For 2011, the team developed a bike with a peakier power delivery and at the opening round of the 2011 season at Phillip Island, both Corser and Haslam were struggling in practice and at one point Corser asked his father to videotape him at certain parts of the track so he could show the team what the bike was actually doing. (Evidently, the Germans were not listening to the former champ).
By season's end, Leon Haslam, who had been a real force with the GSX-R1000 Suzuki in 2010 was only able to score a handful of podiums and at most tracks he was slower on the BMW than he had been on the Suzuki the year before.
In 2012 Corser was replaced by Marco Melandri who scored six wins and a much improved bike but Haslam was only able to produce four podiums.
Mid 2012 (June 1), Hendrik von Kuenheim was replaced by Stephan Schaller as Motorrad General Director. Schaller was previously vice chairman of the board of management for glassmaking company Schott AG, Mainz.
At the end of the year the BMW-Alpha Racing team was folded and BMW backed the Italian GoldBet squad for the Superbike World Championship in 2013. Haslam went to Honda and Melandri continued on with the factory-backed Italian team with Welshman Chaz Davies. To date the team's results have been erratic, but the two riders have scored five wins so far.
Back in Munich, Gobmeier was head-hunted by Audi to head up the Ducati MotoGP team and Husqvarna has been sold to Stefan Pierer, the man who controls the majority stake in KTM - and he is making noises about a Superbike racing venture.
But Pierer also has to turn Husqvarna around from the complete balls-up BMW made of it.
If he does that, his operation will continue to hose BMW as the Number One motorcycle manufacturer in Europe. Last year KTM outsold BMW by a few hundred units, but BMW counted 10,000 Huskies in its figures. So with another 10,000 or so added to the KTM sales, the Austrian company may pass 120,000 units this year.
BMW?
Yet another "strategic realignment."
In reply to In late July 2007, BMW by TheBaron
Very very interesting!
Top shelf comment there, Baron. Thanks for the insight!
So WSBK is going to move
So WSBK is going to move towards a cost effective, streamlined rule package that will effectively end any manu from buying a championship (through spending), which will give more riders a chance at the front and wins and make the rule spec closer to the domestic series? I'd say that is a big step in the RIGHT direction and BMW don't let the door hit your arse on the way out. The manus have been spending both series into oblivion. Bike sales aren't what they were, many countries around the globe still going through recessions. This is a good move and the racing is going to get better. The bikes on the showroom floors will get better. You may not see this as a win but it is, all the way around. It will be much easier to get sponsors when the admission price isn't so high. And if the bikes cost less to put on the grid, then that should leave some room for the most important people involved, the riders, to get some kind of pay increase or finally get paid to begin with instead of financing their own ride. I welcome it.

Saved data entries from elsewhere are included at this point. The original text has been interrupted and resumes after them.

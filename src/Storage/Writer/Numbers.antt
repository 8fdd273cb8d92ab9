-- ===== src/Storage/Writer/Numbers.antt =====
-- The numbers of the events of a run ascend, whichever calls overlap.
use open_covibe_web.Common.{
  zero, suc, ◌+◌, ◌<◌, ◌++◌, if◌then◌else◌, List, ℕ, ◌<◌, String, true, none, some, List, [], ◌∷◌,
  ◌≡◌, refl, arith, All, lookup, eq_iff, Option, eq_refl, Bool, false, suc,
}
use open_covibe_web.Storage.Events.Lines.{append_nil}
use open_covibe_web.Storage.Events.Tail.{next_seq-last}
use open_covibe_web.Models.Json.{get_u64}
use open_covibe_web.Storage.Events.{Serde, next_seq}
use open_covibe_web.Storage.Writer.{
  done, refused, torn, bus, raw, acquire, write, is_torn, appended, set_at, EventWriter, retain,
  Record, append, get_lock, entry, collect, Outcome, render, bus, raw, refused, torn, Action, nth,
  without, steps, step, proceed, new,
}
use open_covibe_web.Storage.Writer.Retain.{
  Distinct, retain-Distinct, retain-some, retain-held, All-both, all_held,
}
use open_covibe_web.Storage.Writer.Prints.{FileOk, last_seq, Prints, append-FileOk, last_seq-append}
use open_covibe_web.Storage.Writer.Prints.{Prints, last_seq-append, append-FileOk}

-- The counter is past the numbers in the file.
abbrev Fits : Serde → EventWriter → String → ℕ → Type 0
Fits t s run place = (place < s.next_place) × (last_seq t (s.files run) < s.counters place)

pub record Numbered (t : Serde) (s : EventWriter) : Type 0 where
  pub files_ok : (run : String) → FileOk t (s.files run)
  pub distinct : Distinct s.inner
  pub fits : (run : String) (place : ℕ) → lookup run s.inner ≡ some place → Fits t s run place
  pub mapped : All (λ h. lookup (h.0) s.inner ≡ some (h.1)) s.holders

collect-Numbered :
    (t : Serde) (s : EventWriter)
    → Numbered t s
    → Numbered t (record s { inner = retain s.holders s.inner })
collect-Numbered t s n = record {
  files_ok = n.files_ok;
  distinct = retain-Distinct s.holders s.inner n.distinct;
  fits = λ run place e. n.fits run place (retain-some s.holders s.inner run place n.distinct e);
  mapped =
      All-both s.holders (λ h a b. retain-held s.holders s.inner (h.0) (h.1) a b)
        (all_held s.holders) n.mapped;
}

if-Numbered :
    (c : Bool) (t : Serde) (a b : EventWriter)
    → Numbered t a
    → Numbered t b
    → Numbered t (if c then a else b)
if-Numbered true t a b n m = n
if-Numbered false t a b n m = m

-- The entry that a call makes for a run without one.
abbrev made : Serde → EventWriter → String → EventWriter
made t s run = record s {
  inner = (run, s.next_place) ∷ s.inner;
  counters = set_at s.next_place (next_seq t (s.files run)) s.counters;
  next_place = s.next_place + 1;
}

made-Fits :
    (t : Serde) (s : EventWriter) (run : String)
    → Numbered t s
    → (r : String) (place : ℕ) → lookup r (made t s run).inner ≡ some place
    → Fits t (made t s run) r place
unfolding lookup
made-Fits t s run n r place e =
    let f = n.files_ok run in
    ground (arith, next_seq-last t (s.files run) f.text f.ascending, n.fits r place, eq_iff run r)

made-mapped :
    (run : String) (place : ℕ) (es : List (String × ℕ)) (h : String × ℕ)
    → lookup run es ≡ none
    → lookup (h.0) es ≡ some (h.1)
    → lookup (h.0) ((run, place) ∷ es) ≡ some (h.1)
unfolding lookup
made-mapped run place es (r, p) e k = ground (arith, eq_iff run r)

made-own :
    (run : String) (place : ℕ) (es : List (String × ℕ))
    → lookup run ((run, place) ∷ es) ≡ some place
unfolding lookup
made-own run place es = ground (arith, eq_refl run)

entry-Numbered :
    (t : Serde) (s : EventWriter) (run : String) (o : Option ℕ)
    → lookup run s.inner ≡ o
    → Numbered t s
    → Numbered t (entry t s run o)
entry-Numbered t s run (some place) e n = record {
  files_ok = n.files_ok;
  distinct = n.distinct;
  fits = n.fits;
  mapped = (e, n.mapped);
}
entry-Numbered t s run none e n = record {
  files_ok = n.files_ok;
  distinct = (e, n.distinct);
  fits = made-Fits t s run n;
  mapped = (
    made-own run s.next_place s.inner,
    All-both s.holders (λ h a b. made-mapped run s.next_place s.inner h e a) n.mapped n.mapped,
  );
}

pub get_lock-Numbered :
    (t : Serde) (s : EventWriter) (run : String) → Numbered t s → Numbered t (get_lock t s run)
unfolding get_lock
get_lock-Numbered t s run n =
    entry-Numbered t (collect s) run (lookup run (collect s).inner) refl
      (if-Numbered _ t _ _ (collect-Numbered t s n) n)

-- The lines of the next write are not torn, and serde_json prints them.
pub record Clean (t : Serde) (r : Record) (o : Outcome) : Type 0 where
  pub prints : (run : String) (seq : ℕ) → Prints t (render r run seq)
  pub kept : is_torn o ≡ false

pub seq-render : (r : Record) (run : String) (seq : ℕ) → get_u64 "seq" (render r run seq) ≡ some seq
seq-render (bus event ts) run seq = ground arith
seq-render (raw id kind payload ts) run seq = ground arith

appended-FileOk :
    (t : Serde) (file : List ℕ) (r : Record) (run : String) (seq : ℕ) (o : Outcome)
    → Clean t r o
    → FileOk t file
    → last_seq t file < seq
    → FileOk t (file ++ appended t (render r run seq) o)
      × (last_seq t (file ++ appended t (render r run seq) o) < seq + 1)
appended-FileOk t file r run seq done c f h =
    let p = c.prints run seq in
    let e = seq-render r run seq in
    (
      append-FileOk t file (render r run seq) seq f p e h,
      omega (arith, last_seq-append t file (render r run seq) seq f.whole p e),
    )
appended-FileOk t file r run seq (refused m) c f h = rw (append_nil file) (f, omega arith)
appended-FileOk t file r run seq (torn k m) c f h = ground (arith, c.kept)

pub append-Numbered :
    (t : Serde) (s : EventWriter) (run : String) (place : ℕ) (r : Record) (o : Outcome)
    → Clean t r o
    → lookup run s.inner ≡ some place
    → Numbered t s
    → Numbered t (append t s run place (render r run) o)
unfolding append
append-Numbered t s run place r o c e n =
    let seq = s.counters place in
    let after =
      appended-FileOk t (s.files run) r run seq o c (n.files_ok run) (n.fits run place e).1 in
    record {
      files_ok = λ other. ground (arith, after.0, n.files_ok other);
      distinct = n.distinct;
      fits = λ other p k. ground (arith, after.1, n.fits other p k, eq_iff other run);
      mapped = n.mapped;
    }

pub nth-mapped :
    (es : List (String × ℕ)) (n : ℕ) (hs : List (String × ℕ)) (run : String) (place : ℕ)
    → All (λ h. lookup (h.0) es ≡ some (h.1)) hs
    → nth n hs ≡ some (run, place)
    → lookup run es ≡ some place
nth-mapped es n [] run place a e = ground arith
nth-mapped es zero ((r, p) ∷ hs) run place a e = ground (arith, a.0)
nth-mapped es (suc n) ((r, p) ∷ hs) run place a e = nth-mapped es n hs run place a.1 e

pub without-mapped :
    (es : List (String × ℕ)) (n : ℕ) (hs : List (String × ℕ))
    → All (λ h. lookup (h.0) es ≡ some (h.1)) hs
    → All (λ h. lookup (h.0) es ≡ some (h.1)) (without n hs)
without-mapped es n [] a = tt
without-mapped es zero (h ∷ hs) a = a.1
without-mapped es (suc n) (h ∷ hs) a = (a.0, without-mapped es n hs a.1)

without-Numbered :
    (t : Serde) (s : EventWriter) (n : ℕ)
    → Numbered t s
    → Numbered t (record s { holders = without n s.holders })
without-Numbered t s n m = record {
  files_ok = m.files_ok;
  distinct = m.distinct;
  fits = m.fits;
  mapped = without-mapped s.inner n s.holders m.mapped;
}

proceed-Numbered :
    (t : Serde) (s : EventWriter) (n : ℕ) (r : Record) (o : Outcome) (h : Option (String × ℕ))
    → nth n s.holders ≡ h
    → Clean t r o
    → Numbered t s
    → Numbered t (proceed t s n r o h)
proceed-Numbered t s n r o none e c m = m
proceed-Numbered t s n r o (some (run, place)) e c m =
    append-Numbered t (record s { holders = without n s.holders }) run place r o c
      (nth-mapped s.inner n s.holders run place m.mapped e) (without-Numbered t s n m)

abbrev pub CleanAction : Serde → Action → Type 0
CleanAction t (acquire run) = Unit
CleanAction t (write n r o) = Clean t r o

pub step-Numbered :
    (t : Serde) (s : EventWriter) (a : Action)
    → CleanAction t a
    → Numbered t s
    → Numbered t (step t s a)
step-Numbered t s (acquire run) c m = get_lock-Numbered t s run m
step-Numbered t s (write n r o) c m = proceed-Numbered t s n r o (nth n s.holders) refl c m

steps-kept :
    (t : Serde) (s : EventWriter) (actions : List Action)
    → All (CleanAction t) actions
    → Numbered t s
    → Numbered t (steps t s actions)
steps-kept t s [] c m = m
steps-kept t s (a ∷ rest) c m = steps-kept t (step t s a) rest c.1 (step-Numbered t s a c.0 m)

-- Whatever calls overlap, as long as no line is torn and serde_json prints what is written, the files
-- stay readable and whole, the numbers in each ascend, the counter of a run is past the numbers in its
-- file, and all calls for a run share one counter.
pub steps-Numbered :
    (t : Serde) (files : String → List ℕ) (actions : List Action)
    → ((run : String) → FileOk t (files run))
    → All (CleanAction t) actions
    → Numbered t (steps t (new files) actions)
unfolding lookup
steps-Numbered t files actions f c =
    steps-kept t (new files) actions c
      (record { files_ok = f; distinct = tt; fits = λ run place e. ground arith; mapped = tt })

What's good for the bike racing fan, and what's good for the manu, rarely do both coincide with each other. The manus need to take a back seat to the fans. After all they are the ones who buy your products in the first place. It's time you started serving them first instead of yourselves.
I hope to see Marco on
I hope to see Marco on another factory bike next season and to see Manuela on Marco too :D (pls don't ditch him!)